If all the foregoing principles have been developed, if the child has been led to see the joy of living through these home activities, he will consider the home the true shelter, the place where he can have the happiest play, the easiest rest, where he can study most earnestly, and express himself most honestly.
And the parents, the fathers and mothers of children of the city? How far are we helping the city dwellers to take advantage of city life?
The principles back of housekeeping are the same, the end the same--what are to be the means to stimulate the modern home-maker?
Show the possibilities within reach of them; send the children home with ideas which the mother must consider.
Education in pursuing the so-called "humanities" has been holding up to view a hypothetical man in a hypothetical environment.
The pursuit of gold has not been hindered thereby, and has gone on without the restraints of education because of the complete detachment of ideals inculcated from the actual daily life where money meant personal pleasure and comfort for the time being.

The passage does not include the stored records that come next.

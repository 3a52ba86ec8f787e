-- ===== src/Platform/Sample.antt =====
-- A small platform that meets the documented laws: the tests and the witnesses run on it.
use Prim.Native.String.{String}
use httpserver_cpp.Base.{
  ℕ, refl, Bool, true, false, Option, some, List, [], ◌∷◌, ◌++◌, ite, ◌==◌, if◌then◌else◌, Bytes,
  codes, bytes_discrete,
}
use httpserver_cpp.Platform.{Platform}
use httpserver_cpp.Platform.Documented.{
  escape_bars, RequestLaws, KeepAliveLaws, BodyLaws, LengthLaws, EncodingLaws, FreshLaws,
}

pub record SampleRequest : Type 0 where
  pub verb : ℕ
  pub target : Bytes
  pub fields : List (Bytes × Bytes)
  pub accept_encoding : Bytes
  pub alive : Bool
  pub body : Bytes

pub record SampleResponse : Type 0 where
  pub alive : Bool
  pub result : ℕ
  pub zipped : Bool
  pub sized : Bool
  pub body : Bytes

unfoldable pub is_name : String → Bytes → Bool
unfolding bytes_discrete
is_name name n = ite (bytes_discrete n (codes name)) true false

abbrev push_byte : ℕ → List Bytes → List Bytes
push_byte c [] = (c ∷ []) ∷ []
push_byte c (s ∷ more) = (c ∷ s) ∷ more

split_slash : Bytes → List Bytes
split_slash [] = [] ∷ []
split_slash (c ∷ s) = let rest = split_slash s in if c == b'/' then [] ∷ rest else push_byte c rest

-- The segments of a path: none for "/", and an empty one after a slash at the end.
unfoldable pub sample_segments : Bytes → Option (List Bytes)
unfolding split_slash
sample_segments [] = some []
sample_segments (c ∷ []) = some []
sample_segments (c ∷ d ∷ s) = some (split_slash (d ∷ s))

unfoldable pub sample_set : Bytes → Bytes → SampleResponse → SampleResponse
unfolding is_name
sample_set n v r = record r {
  alive = if is_name "Connection" n then is_name "keep-alive" v else r.alive;
  zipped = if is_name "Content-Encoding" n then is_name "gzip" v else r.zipped;
  sized = if is_name "Content-Length" n then true else r.sized;
}

abbrev pub fresh_response : SampleResponse
fresh_response = record { alive = true; result = 200; zipped = false; sized = false; body = [] }

abbrev pub sample : Platform
sample = record {
  Request = SampleRequest;
  verb = λ r. r.verb;
  target = λ r. r.target;
  fields = λ r. r.fields;
  accept_encoding = λ r. r.accept_encoding;
  wants_keep_alive = λ r. r.alive;
  request_body = λ r. r.body;
  clear_request_body = λ r. record r { body = [] };
  verb_get = 2;
  verb_head = 3;
  verb_put = 5;
  Response = SampleResponse;
  new_response = fresh_response;
  keep_alive = λ r. r.alive;
  set_keep_alive = λ b r. record r { alive = b };
  set_result = λ n r. record r { result = n };
  set_field = sample_set;
  write_body = λ d r. record r { body = r.body ++ d };
  prepare_payload = λ r. record r { sized = true };
  clear_fields = λ r. record r { alive = true; zipped = false; sized = false };
  clear_response_body = λ r. record r { body = [] };
  response_body = λ r. r.body;
  has_length = λ r. r.sized;
  is_gzip = λ r. r.zipped;
  result_of = λ r. r.result;
  is_connection = is_name "Connection";
  is_content_encoding = is_name "Content-Encoding";
  is_content_length = is_name "Content-Length";
  UrlView = List Bytes;
  parse_origin_form = sample_segments;
  url_segments = λ u. u;
  url_params = λ u. [];
  encoded_params = λ u. [];
  segments_view = sample_segments;
  gzip = λ level d. codes "zip" ++ d;
  replace_all = λ s from to. escape_bars s;
  icontains = λ s t. is_name "gzip" s;
}

pub sample-RequestLaws : RequestLaws sample
sample-RequestLaws = record {
  request_body-clear = λ r. refl;
  get_number = refl;
  head_number = refl;
  put_number = refl;
  replace_all-bar = λ s. refl;
}

pub sample-KeepAliveLaws : KeepAliveLaws sample
unfolding is_name sample_set
sample-KeepAliveLaws = record {
  keep_alive-set = λ b r. refl;
  keep_alive-result = λ n r. refl;
  keep_alive-field = λ n v r e. rw e;
  keep_alive-write = λ d r. refl;
  keep_alive-prepare = λ r. refl;
  type_no_connection = refl;
  encoding_no_connection = refl;
}

pub sample-BodyLaws : BodyLaws sample
unfolding sample_set
sample-BodyLaws = record {
  body-keep_alive = λ b r. refl;
  body-result = λ n r. refl;
  body-field = λ n v r. refl;
  body-write = λ d r. refl;
  body-prepare = λ r. refl;
}

pub sample-LengthLaws : LengthLaws sample
unfolding is_name sample_set
sample-LengthLaws = record {
  length-keep_alive = λ b r. refl;
  length-result = λ n r. refl;
  length-field = λ n v r e. rw e;
  length-write = λ d r. refl;
  length-prepare = λ status r e. refl;
  type_no_length = refl;
  encoding_no_length = refl;
  result-set = λ n r. refl;
  result-field = λ n v r. refl;
  result-write = λ d r. refl;
}

pub sample-EncodingLaws : EncodingLaws sample
unfolding is_name sample_set
sample-EncodingLaws = record {
  gzip-keep_alive = λ b r. refl;
  gzip-result = λ n r. refl;
  gzip-set = λ r. refl;
  gzip-field = λ n v r e. rw e;
  gzip-write = λ d r. refl;
  gzip-prepare = λ r. refl;
  type_no_encoding = refl;
}

pub sample-FreshLaws : FreshLaws sample
sample-FreshLaws = record { fresh-new = (refl, refl, refl); fresh-clear = λ r. (refl, refl, refl) }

The power over things gained by a few students was utilized by money power to hasten all progress. Speed was the watchword. No one could stop to see what injury he had caused. "Get there," really seemed to be the motto. In this scramble for power the "purpose" for which life is lived has been lost sight of. No "worthy aim" has been impressed on the mind of the child.
An awakening has come and the school is the leading factor in the upward movement. Education is coming to have a new meaning, or better, perhaps, is going back to the older meaning with new materials. No knowledge or power the youth may acquire will avail in real struggle for existence of the race without a definite aim to hold steady the eye fixed on a certain goal. This is a law of man's existence.
The change in point of view has been growing like a root underground.